FutureCar Staff    Sep 12, 2023 4:16 PM PT
Top Stock Pick

When it comes to investing, diversification is a fundamental principle that many follow. However, not everyone has the means to diversify their investments or may have a desire to outperform the S&P 500 with a single stock.

If I had to choose just one stock, it would undoubtedly be Tesla. This year alone, Tesla has outperformed the S&P 500 with an impressive 153% return to investors, and I believe there is still more growth to come.

Tesla is the largest producer of electric vehicles (EVs) in the world, with a global market share of 22%. Since its inception, Tesla has sold around 4.5 million EVs. In 2022, electric cars accounted for three out of every 20 cars sold, with half of them being sold in China. The International Energy Agency (IEA) projects that by the end of this year, approximately 14 million EVs will be sold, representing a 35% increase from the previous year, including plug-in hybrids.

To further boost sales in the Chinese market, Tesla recently reduced the prices of its Model S and Model X cars, both for the versions manufactured in China and those built abroad.

Aside from its electric vehicles, Tesla generates revenue from other sources. This includes its supercharging network, its full self-driving (FSD) software, which costs $12,000 per car, and its battery storage products, which saw a significant 220% year-over-year growth in Q2.

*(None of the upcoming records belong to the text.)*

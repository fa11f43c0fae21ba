-- ===== src/Settings/Sane.antt =====
-- The numbers of src/cfg.c after an option is set, and how reading a configuration can end.
use agentsmith.Base.{
  ℕ, ◌<◌, ◌≤◌, ◌^◌, true, ◌==◌, leb, ◌≡◌, ◌≢◌, refl, ◌⊎◌, inl, inr, if◌then◌else◌, Bool-cases,
  arith, eq_of_test, ne_of_test,
}
use agentsmith.Base.Words.{signed_le32, signed_le64}
use agentsmith.Config.{Config}
use agentsmith.Settings.{at_least_one32, at_least_one64, config_sanitize}

-- The ranges of the numbers.
pub record IsSane (c : Config) : Type 0 where
  pub action_threshold : signed_le32 1 c.action_threshold ≡ true
  pub time_interval : signed_le64 1 c.time_interval ≡ true
  pub purge_after : signed_le64 1 c.purge_after ≡ true
  pub server : (c.server ≡ 0) ⊎ (c.server ≡ 1)
  pub server_timeout : signed_le32 1 c.server_timeout ≡ true
  pub server_backlog : signed_le32 1 c.server_backlog ≡ true
  pub maxinconnections :
      (signed_le32 1 c.maxinconnections ≡ true) × (signed_le32 c.maxinconnections 256 ≡ true)
  pub inform : (c.inform ≡ 0) ⊎ (c.inform ≡ 1)
  pub inform_retry_wait : signed_le32 1 c.inform_retry_wait ≡ true

at_least_one32_lem : (d x : ℕ) → signed_le32 1 d ≡ true → signed_le32 1 (at_least_one32 d x) ≡ true
at_least_one32_lem d x h = elim (Bool-cases (signed_le32 1 x)) [ inl e ↦ rw e e | inr e ↦ rw e h ]

at_least_one64_lem : (d x : ℕ) → signed_le64 1 d ≡ true → signed_le64 1 (at_least_one64 d x) ≡ true
at_least_one64_lem d x h = elim (Bool-cases (signed_le64 1 x)) [ inl e ↦ rw e e | inr e ↦ rw e h ]

at_most_256 :
    (x : ℕ) → signed_le32 (at_least_one32 5 (if signed_le32 x 256 then x else 256)) 256 ≡ true
at_most_256 x = elim (Bool-cases (signed_le32 x 256)) [
  | inr e ↦ rw e refl
  | inl e ↦ rw e (elim (Bool-cases (signed_le32 1 x)) [ inl k ↦ rw k e | inr k ↦ rw k refl ])
]

abbrev flag : ℕ → ℕ
flag x = if x == 0 then 0 else 1

flag_lem : (x : ℕ) → (flag x ≡ 0) ⊎ (flag x ≡ 1)
flag_lem x = elim (Bool-cases (x == 0)) [ inl e ↦ inl (rw e refl) | inr e ↦ inr (rw e refl) ]

pub config_sanitize-IsSane : (c : Config) → IsSane (config_sanitize c)
unfolding config_sanitize
config_sanitize-IsSane c = record {
  action_threshold = at_least_one32_lem 3 c.action_threshold refl;
  time_interval = at_least_one64_lem 60 c.time_interval refl;
  purge_after = at_least_one64_lem 3600 c.purge_after refl;
  server = flag_lem c.server;
  server_timeout = at_least_one32_lem 5 c.server_timeout refl;
  server_backlog = at_least_one32_lem 64 c.server_backlog refl;
  maxinconnections = (
    at_least_one32_lem 5 (if signed_le32 c.maxinconnections 256 then c.maxinconnections else 256)
        refl,
    at_most_256 c.maxinconnections,
  );
  inform = flag_lem c.inform;
  inform_retry_wait = at_least_one32_lem 3 c.inform_retry_wait refl;
}

flag_same : (x : ℕ) → (x ≡ 0) ⊎ (x ≡ 1) → flag x ≡ x
flag_same x (inl h) = rw h refl
flag_same x (inr h) = rw h refl

-- Numbers in their ranges are left alone.
config_sanitize_same : (c : Config) → IsSane c → config_sanitize c ≡ c
unfolding config_sanitize
config_sanitize_same c w = λ i. record {
  action_threshold = same32 3 w.action_threshold i;
  time_interval = same64 60 w.time_interval i;
  purge_after = same64 3600 w.purge_after i;
  server = flag_same c.server w.server i;
  server_timeout = same32 5 w.server_timeout i;
  server_backlog = same32 64 w.server_backlog i;
  maxinconnections = connections w.maxinconnections i;
  inform = flag_same c.inform w.inform i;
  inform_retry_wait = same32 3 w.inform_retry_wait i;
  inform_retry = c.inform_retry;
  remote_authoritative = c.remote_authoritative;
}
  where
    same32 : (d : ℕ) {x : ℕ} → signed_le32 1 x ≡ true → at_least_one32 d x ≡ x
    same32 d h = rw h refl

    same64 : (d : ℕ) {x : ℕ} → signed_le64 1 x ≡ true → at_least_one64 d x ≡ x
    same64 d h = rw h refl

    connections :
        {x : ℕ}
        → (signed_le32 1 x ≡ true) × (signed_le32 x 256 ≡ true)
        → at_least_one32 5 (if signed_le32 x 256 then x else 256) ≡ x
    connections (h, k) = rw (k, h) refl

-- The numbers are patterns of their widths.
pub record IsPattern (c : Config) : Type 0 where
  pub action_threshold : c.action_threshold < 2 ^ 32
  pub time_interval : c.time_interval < 2 ^ 64
  pub purge_after : c.purge_after < 2 ^ 64
  pub server_timeout : c.server_timeout < 2 ^ 32
  pub server_backlog : c.server_backlog < 2 ^ 32
  pub maxinconnections : c.maxinconnections < 2 ^ 32
  pub inform_retry_wait : c.inform_retry_wait < 2 ^ 32

-- A positive number of a signed type with maximum m - 1 is kept, and zero or a negative one becomes d.
abbrev pub KeptOr : (m d x y : ℕ) → Type 0
KeptOr m d x y = ((0 < x) × (x < m) × (y ≡ x)) ⊎ (((x ≡ 0) ⊎ (m ≤ x)) × (y ≡ d))

-- Zero is kept, and everything else becomes 1.
abbrev pub Flagged : (x y : ℕ) → Type 0
Flagged x y = ((x ≡ 0) × (y ≡ 0)) ⊎ ((x ≢ 0) × (y ≡ 1))

-- What `_config_sanitize` makes of a configuration.
pub record Sanitized (c d : Config) : Type 0 where
  pub action_threshold : KeptOr (2 ^ 31) 3 c.action_threshold d.action_threshold
  pub time_interval : KeptOr (2 ^ 63) 60 c.time_interval d.time_interval
  pub purge_after : KeptOr (2 ^ 63) 3600 c.purge_after d.purge_after
  pub server : Flagged c.server d.server
  pub server_timeout : KeptOr (2 ^ 31) 5 c.server_timeout d.server_timeout
  pub server_backlog : KeptOr (2 ^ 31) 64 c.server_backlog d.server_backlog
  pub maxinconnections :
      ((256 < c.maxinconnections) × (c.maxinconnections < 2 ^ 31) × (d.maxinconnections ≡ 256))
      ⊎ ((c.maxinconnections ≤ 256) × KeptOr (2 ^ 31) 5 c.maxinconnections d.maxinconnections)
      ⊎ ((2 ^ 31 ≤ c.maxinconnections) × (d.maxinconnections ≡ 5))
  pub inform : Flagged c.inform d.inform
  pub inform_retry_wait : KeptOr (2 ^ 31) 3 c.inform_retry_wait d.inform_retry_wait
  pub inform_retry : d.inform_retry ≡ c.inform_retry
  pub remote_authoritative : d.remote_authoritative ≡ c.remote_authoritative

kept_or32 : (d x : ℕ) → x < 2 ^ 32 → KeptOr (2 ^ 31) d x (at_least_one32 d x)
kept_or32 d x h = elim (Bool-cases (signed_le32 1 x)) [
  | inl e ↦ inl (ground arith, ground arith, rw e refl)
  | inr e ↦ elim (Bool-cases (x == 0)) [
    | inl z ↦ inr (inl (eq_of_test x 0 z), rw e refl)
    | inr z ↦ inr (inr (ground arith), rw e refl)
  ]
]

kept_or64 : (d x : ℕ) → x < 2 ^ 64 → KeptOr (2 ^ 63) d x (at_least_one64 d x)
kept_or64 d x h = elim (Bool-cases (signed_le64 1 x)) [
  | inl e ↦ inl (ground arith, ground arith, rw e refl)
  | inr e ↦ elim (Bool-cases (x == 0)) [
    | inl z ↦ inr (inl (eq_of_test x 0 z), rw e refl)
    | inr z ↦ inr (inr (ground arith), rw e refl)
  ]
]

flagged : (x : ℕ) → Flagged x (flag x)
flagged x = elim (Bool-cases (x == 0)) [
  | inl e ↦ inl (eq_of_test x 0 e, rw e refl)
  | inr e ↦ inr (ne_of_test x 0 e, rw e refl)
]

connections_lem :
    (x : ℕ)
    → x < 2 ^ 32
    → let y = at_least_one32 5 (if signed_le32 x 256 then x else 256) in
      ((256 < x) × (x < 2 ^ 31) × (y ≡ 256))
      ⊎ ((x ≤ 256) × KeptOr (2 ^ 31) 5 x y)
      ⊎ ((2 ^ 31 ≤ x) × (y ≡ 5))
connections_lem x h = elim (Bool-cases (signed_le32 x 256)) [
  | inr e ↦ inl (ground arith, ground arith, rw e refl)
  | inl e ↦ elim (Bool-cases (leb x 256)) [
    | inl k ↦ rw e (inr (inl (ground arith, kept_or32 5 x h)))
    | inr k ↦ rw e (inr (inr (ground arith, ground arith)))
  ]
]

-- On patterns of their widths, `_config_sanitize` keeps every number that is positive in its signed type and
-- replaces zero and negative ones by the default of the option. It cuts the connections of the server to
-- 256, makes the two switches 0 or 1, and keeps the two other options. The result is in its ranges, and
-- doing it again changes nothing.
pub config_sanitize_ranges :
    (c : Config)
    → IsPattern c
    → Sanitized c (config_sanitize c)
      × IsSane (config_sanitize c)
      × (config_sanitize (config_sanitize c) ≡ config_sanitize c)
unfolding config_sanitize
config_sanitize_ranges c p = (
  record {
    action_threshold = kept_or32 3 c.action_threshold p.action_threshold;
    time_interval = kept_or64 60 c.time_interval p.time_interval;
    purge_after = kept_or64 3600 c.purge_after p.purge_after;
    server = flagged c.server;
    server_timeout = kept_or32 5 c.server_timeout p.server_timeout;
    server_backlog = kept_or32 64 c.server_backlog p.server_backlog;
    maxinconnections = connections_lem c.maxinconnections p.maxinconnections;
    inform = flagged c.inform;
    inform_retry_wait = kept_or32 3 c.inform_retry_wait p.inform_retry_wait;
    inform_retry = refl;
    remote_authoritative = refl;
  },
  config_sanitize-IsSane c,
  config_sanitize_same (config_sanitize c) (config_sanitize-IsSane c),
)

With its advanced AI machine learning capabilities and its lead in FSD technology, Tesla has the potential to expand into other industries. One notable example is the Tesla Bot, also known as Optimus, a humanoid robot designed to address labor shortages. Elon Musk has highlighted this as one of the company's priorities and estimates that demand for Optimus could reach 10 to 20 billion units, representing a significant portion of Tesla's long-term value.

Analysts' sentiment regarding Tesla's stock is mixed. According to TipRanks, there have been 28 ratings in the past 3 months, resulting in a 'hold' rating. Among these ratings, 12 analysts recommend holding the stock, while 11 recommend buying it. The combined average price target for the next 12 months is $270, which is 1% below the current market price of $273.

However, there are some analysts who are more optimistic. Adam Jonas, an analyst from Morgan Stanley, recently upgraded the stock and set a price target of $400, the highest among analysts in recent months. Tom Narayan from RBC Capital also reiterated his 'buy' rating for the stock, with a 12-month price target of $400.

Personally, I see Tesla as a long-term investment opportunity, beyond the next 12 months. If the stock were to experience a dip, especially to $200 or $100, I would consider it an excellent buying opportunity.

Disclaimer: The content provided here should not be considered investment advice. Investing always carries risks, and your capital is at risk when investing.